"Potresti avvicinarti quando hai un'attimino di tempo che ti devo chiedere una cosa?"
I've been asked this question several times over the last month and while this now strikes me as completely normal, I always found it so strange that I had to pop in and see someone so they could ask me the question that desperately needed an answer yet wasn't urgent enough to require a phone call or email.
There's no limit to the type of questions that you might be asked. This month I've been asked if I'd be interested in my cv being put forward for consideration for one of those blink-and-you'll-miss-it opportunities (hmmmm, let's think about that) and whether I'd like to get my hands on a rather lucrative teaching contract (again, I need to stop for a coffee to really think about the pros and the pros of that one).
It's in stark contrast to the way things are done in Britain. At the end of March, I wrote an article for The Times (I screamed silently - what about me?) about coming to terms with my brother's suicide and sibling survivors being the forgotten victims. I'm never really sure of effect my words have on others but I've been told it made quite a few people sob. The outcome of all that is that the Samaritans then asked me to speak at their annual conference in September though that's not confirmed.
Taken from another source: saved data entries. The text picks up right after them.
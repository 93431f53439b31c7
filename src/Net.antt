-- ===== src/Net.antt =====
-- kernal/net_driver.h and kernal/net_driver.c: the packet pool, the queue of received packets and the statistics;
-- `net_is_packet_available` of lib/libnet/net_util.c; SYS_NET_SEND and SYS_NET_RECV of kernal/syscall.c.
-- A pointer to `packet_pool[i]` is the number i + 1. Registers that the driver reads are arguments. Its writes to the
-- device and log output are left out.
pub mod Pool
pub mod Receive
pub mod Traffic
pub mod Boot
pub mod Runs
pub mod Stats
pub mod Tests
use hydra_microkernal.Prelude.{
  ℕ, zero, suc, ◌+◌, ◌-◌, ◌%◌, ◌^◌, Bool, not, ℤ, pos, negsuc, pos_part, to_int, ltb, ◌==◌,
  if◌then◌else◌, update, Bytes, copy_bytes,
}

-- PACKET_POOL_SIZE
abbrev pub packet_pool_size : ℕ
packet_pool_size = 32

-- `struct net_packet`
pub record NetPacket : Type 0 where
  pub content : Bytes
  pub length : ℕ
  pub next : ℕ

-- `struct net_stats`
pub record NetStats : Type 0 where
  pub tx_packets : ℕ
  pub rx_packets : ℕ
  pub tx_bytes : ℕ
  pub rx_bytes : ℕ
  pub tx_errors : ℕ
  pub rx_errors : ℕ

-- The driver's variables.
pub record Net : Type 0 where
  pub packets : ℕ → NetPacket
  pub free_packets : ℕ
  pub rx_queue_head : ℕ
  pub rx_queue_tail : ℕ
  pub stats : NetStats
  pub mac_addr : Bytes
  pub interrupt_count : ℕ

-- `x += y` on a `uint32_t`
abbrev pub add32 : ℕ → ℕ → ℕ
add32 x y = (x + y) % 2 ^ 32

-- The loop of `init_packet_pool` from packet number `i` on, with `n` rounds left.
unfoldable pub link_from : ℕ → ℕ → (ℕ → NetPacket) → ℕ → NetPacket
link_from zero i packets = packets
link_from (suc n) i packets =
    link_from n (suc i) (update packets (suc i) (record (packets (suc i)) { next = i + 2 }))

unfoldable pub init_packet_pool : Net → Net
unfolding link_from
init_packet_pool s = record s {
  packets = update linked packet_pool_size (record (linked packet_pool_size) { next = 0 });
  free_packets = 1;
}
  where
    linked : ℕ → NetPacket
    linked = link_from 31 0 s.packets

unfoldable pub alloc_packet : Net → ℕ × Net
alloc_packet s = if pkt == 0 then (0, s) else (
  pkt,
  record s {
    free_packets = (s.packets pkt).next;
    packets = update s.packets pkt (record (s.packets pkt) { next = 0 });
  },
)
  where
    pkt : ℕ
    pkt = s.free_packets

unfoldable pub net_free_packet : ℕ → Net → Net
net_free_packet pkt s = if pkt == 0 then s else record s {
  packets = update s.packets pkt (record (s.packets pkt) { next = s.free_packets });
  free_packets = pkt;
}

-- "Set a default MAC address for testing"
abbrev pub default_mac : Bytes → Bytes
default_mac m = update (update (update (update (update (update m 0 82) 1 84) 2 0) 3 18) 4 52) 5 86

-- `magic` and `device_id` are what the registers hold.
unfoldable pub net_init : ℕ → ℕ → Net → Net
net_init magic device_id s =
    let s' = init_packet_pool s in
    if not (magic == 1953655158)
    then s'
    else if not (device_id == 1)
    then s'
    else record s' { mac_addr = default_mac s'.mac_addr }

unfoldable pub net_send : ℕ → Net → Net × ℤ
net_send len s =
    if ltb 1514 len
    then (record s { stats = record s.stats { tx_errors = add32 s.stats.tx_errors 1 } }, negsuc 0)
    else (
      record s {
        stats = record s.stats {
          tx_packets = add32 s.stats.tx_packets 1;
          tx_bytes = add32 s.stats.tx_bytes len;
        };
      },
      pos 0,
    )

-- Null, or the packet that is taken off the queue.
unfoldable pub net_receive : Net → ℕ × Net
net_receive s = if s.rx_queue_head == 0 then (0, s) else (
  s.rx_queue_head,
  record s { rx_queue_head = rest; rx_queue_tail = if rest == 0 then 0 else s.rx_queue_tail },
)
  where
    rest : ℕ
    rest = (s.packets s.rx_queue_head).next

-- "Create a dummy packet"
unfoldable pub dummy : ℕ → Net → Net
dummy pkt s = record s {
  packets = update s.packets pkt (record (s.packets pkt) {
    length = 64;
    content = copy_bytes 64 (s.packets pkt).content (λ i. i % 256);
  });
}

-- "Add to RX queue"
unfoldable pub add_to_rx_queue : ℕ → Net → Net
add_to_rx_queue pkt s =
    if s.rx_queue_tail == 0
    then record s {
      packets = update s.packets pkt (record (s.packets pkt) { next = 0 });
      rx_queue_head = pkt;
      rx_queue_tail = pkt;
    }
    else record s {
      packets =
          update (update s.packets pkt (record (s.packets pkt) { next = 0 })) s.rx_queue_tail
            (record (update s.packets pkt (record (s.packets pkt) { next = 0 }) s.rx_queue_tail) {
              next = pkt;
            });
      rx_queue_tail = pkt;
    }

-- The statistics of a received packet.
unfoldable pub count_received : ℕ → Net → Net
count_received pkt s = record s {
  stats = record s.stats {
    rx_packets = add32 s.stats.rx_packets 1;
    rx_bytes = add32 s.stats.rx_bytes (s.packets pkt).length;
  };
}

-- What every hundredth interrupt does.
unfoldable pub simulate_packet : Net → Net
simulate_packet s =
    let (pkt, s') = alloc_packet s in
    if pkt == 0 then s' else count_received pkt (add_to_rx_queue pkt (dummy pkt s'))

-- The counter of interrupts is the 32 bits of an `int`: C leaves its overflow undefined, and the model goes on with the
-- bits of the sum.
abbrev pub next_count : Net → ℕ
next_count s = (s.interrupt_count + 1) % 2 ^ 32

-- The absolute value of the `int` with these bits, which 100 divides if it divides the `int`.
abbrev pub magnitude : ℕ → ℕ
magnitude w = if ltb w (2 ^ 31) then w else 2 ^ 32 - w

unfoldable pub net_interrupt_handler : Net → Net
net_interrupt_handler s =
    let s' = record s { interrupt_count = next_count s } in
    if magnitude s'.interrupt_count % 100 == 0 then simulate_packet s' else s'

unfoldable pub net_is_packet_available : Net → Net × ℕ
net_is_packet_available s =
    let (pkt, s') = net_receive s in if not (pkt == 0) then (net_free_packet pkt s', 1) else (s', 0)

-- SYS_NET_SEND, for a length `arg2` of 0 or more: the cast to `uint16_t` is the remainder.
unfoldable pub sys_net_send : ℕ → Net → Net × ℤ
sys_net_send arg2 s = net_send (arg2 % 2 ^ 16) s

-- `(length < arg2) ? length : (int) arg2`, as the number of rounds of a loop up to it. The length has 16
-- bits, so the cast keeps a number up to it. The lowest bits of a negative `long` may
-- be a positive `int`, above the length and the size of the packet's array too: what is copied from behind the array is the
-- rest of `content`.
abbrev pub copy_len : ℕ → ℤ → ℕ
copy_len length (pos n) = if ltb length n then length else n
copy_len length (negsuc n) = pos_part (to_int (negsuc n))

-- SYS_NET_RECV: the driver, the caller's buffer and the result.
unfoldable pub sys_net_recv : Bytes → ℤ → Net → Net × Bytes × ℕ
sys_net_recv buffer arg2 s =
    let (pkt, s') = net_receive s in
    if pkt == 0 then (s', buffer, 0) else (
      net_free_packet pkt s',
      copy_bytes (copy_len (s'.packets pkt).length arg2) buffer (s'.packets pkt).content,
      (s'.packets pkt).length,
    )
Of course, that exchange took place over a couple of emails. Had we both been in Italy, it might have looked rather different:
Samaritans: "Hi, I'm from the Samaritans. We read your article and found it really moving. Do you think you could come to our offices?"
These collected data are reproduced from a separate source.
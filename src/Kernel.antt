-- ===== src/Kernel.antt =====
-- kernal/syscall.h and kernal/syscall.c: the system calls, over the state of message passing, the scheduler and the
-- network driver. A `long` is an integer; memory is a function from addresses, and the kernel's structures are values apart from it:
-- a buffer that overlaps them is outside the model. A call that switches tasks is followed to the switch, and its result is what the
-- caller gets when it runs again. `none` means that the search of the scheduler ran out of fuel. Log output is left out.
pub mod Calls
pub mod Frame
pub mod Messages
pub mod Tests
use hydra_microkernal.Prelude.{
  ℕ, ◌+◌, ◌-◌, ◌%◌, ◌^◌, Bool, true, false, Option, none, some, ℤ, pos, negsuc, is_int, low_bits,
  to_int, ltb, leb, ◌==◌, if◌then◌else◌, Bytes,
}
use hydra_microkernal.Sched.{Sched, create_task, task_yield, sys_exit}
use hydra_microkernal.Ipc.{Ipc, send_message, recv_message}
use hydra_microkernal.Net.{Net, sys_net_send, sys_net_recv}

pub record Kernel : Type 0 where
  pub ipc : Ipc
  pub sched : Sched
  pub net : Net
  pub memory : Bytes

-- A `long` as an address.
abbrev pub address : ℤ → ℕ
address (pos n) = n
address (negsuc n) = 2 ^ 64 - 1 - n

-- The bytes behind a pointer, none for null.
abbrev pub behind : Bytes → ℤ → Option Bytes
behind memory pointer =
    if address pointer == 0 then none else some (λ i. memory (address pointer + i))

-- Memory with the bytes behind a pointer replaced.
abbrev pub overwrite : Bytes → ℤ → Bytes → Bytes
overwrite memory pointer bytes a =
    if leb (address pointer) a then bytes (a - address pointer) else memory a

abbrev pub overwrite_some : Bytes → ℤ → Option Bytes → Bytes
overwrite_some memory pointer none = memory
overwrite_some memory pointer (some bytes) = overwrite memory pointer bytes

-- SYS_SEND_MSG
unfoldable pub sys_send_msg : ℤ → ℤ → ℤ → Kernel → Kernel × ℤ
sys_send_msg arg1 arg2 arg3 k =
    let (ipc', result) =
      send_message k.ipc (pos k.sched.current_task) (to_int arg1) (behind k.memory arg2)
        (to_int arg3) in
    (record k { ipc = ipc' }, result)

-- SYS_RECV_MSG
unfoldable pub sys_recv_msg : ℤ → ℤ → ℤ → Kernel → Kernel × ℤ
sys_recv_msg arg1 arg2 arg3 k =
    let (ipc', buffer, result) =
      recv_message k.ipc (pos k.sched.current_task) (to_int arg1) (behind k.memory arg2)
        (to_int arg3) in
    (record k { ipc = ipc'; memory = overwrite_some k.memory arg2 buffer }, result)

-- SYS_NET_SEND
unfoldable pub sys_net_send_call : ℤ → Kernel → Kernel × ℤ
sys_net_send_call arg2 k =
    let (net', result) = sys_net_send (low_bits (2 ^ 16) arg2) k.net in
    (record k { net = net' }, result)

-- SYS_NET_RECV
unfoldable pub sys_net_recv_call : ℤ → ℤ → Kernel → Kernel × ℤ
sys_net_recv_call arg1 arg2 k =
    let (net', buffer, result) = sys_net_recv (λ i. k.memory (address arg1 + i)) arg2 k.net in
    (record k { net = net'; memory = overwrite k.memory arg1 buffer }, pos result)

-- SYS_CREATE_TASK
unfoldable pub sys_create_task : ℕ → ℤ → Kernel → Kernel × ℤ
sys_create_task tasks_base arg1 k =
    let (sched', result) = create_task tasks_base (address arg1) k.sched in
    (record k { sched = sched' }, result)

-- The end of SYS_YIELD and SYS_EXIT: SYSCALL_OK.
abbrev pub scheduled : Kernel → Option Sched → Option (Kernel × ℤ)
scheduled k none = none
scheduled k (some sched') = some (record k { sched = sched' }, pos 0)

unfoldable pub handle_syscall : ℕ → ℤ → ℤ → ℤ → ℤ → Kernel → Option (Kernel × ℤ)
handle_syscall tasks_base syscall_num arg1 arg2 arg3 k =
    if is_int syscall_num 1
    then some (sys_send_msg arg1 arg2 arg3 k)
    else if is_int syscall_num 2
    then some (sys_recv_msg arg1 arg2 arg3 k)
    else if is_int syscall_num 3
    then some (sys_net_send_call arg2 k)
    else if is_int syscall_num 4
    then some (sys_net_recv_call arg1 arg2 k)
    else if is_int syscall_num 5
    then some (k, pos k.sched.current_task)
    else if is_int syscall_num 6
    then scheduled k (task_yield k.sched)
    else if is_int syscall_num 7
    then some (sys_create_task tasks_base arg1 k)
    else if is_int syscall_num 8
    then scheduled k (sys_exit k.sched)
    else some (k, negsuc 0)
Me: Sure. (this causes lots of head sratching. How should I dress? Is it formal? Are we going for coffee? Am I about to get a job interview on the spot? Do they want my advice?)
On the day I imagine myself rolling up in a blend of smart-casual that nods to the 'yes, I always look this polished even when I'm running around doing errands' to be taken into the office for all of two minutes before being asked 'so, would you be up for speaking at the conference?'. You're always expected to give an answer on the spot before being uncerimoniously despatched seconds later.
These days I've come to the conclusion that Italians invite you into the office to ask you whether you'd like to accept the offer of a lifetime for no other reason than to see pure joy on your face. The more mega-Watt your smile, the happier they are.
So the first time an Italian tells you to pop by because they need to ask you a question, don't panic. Just start practising that acceptance speech.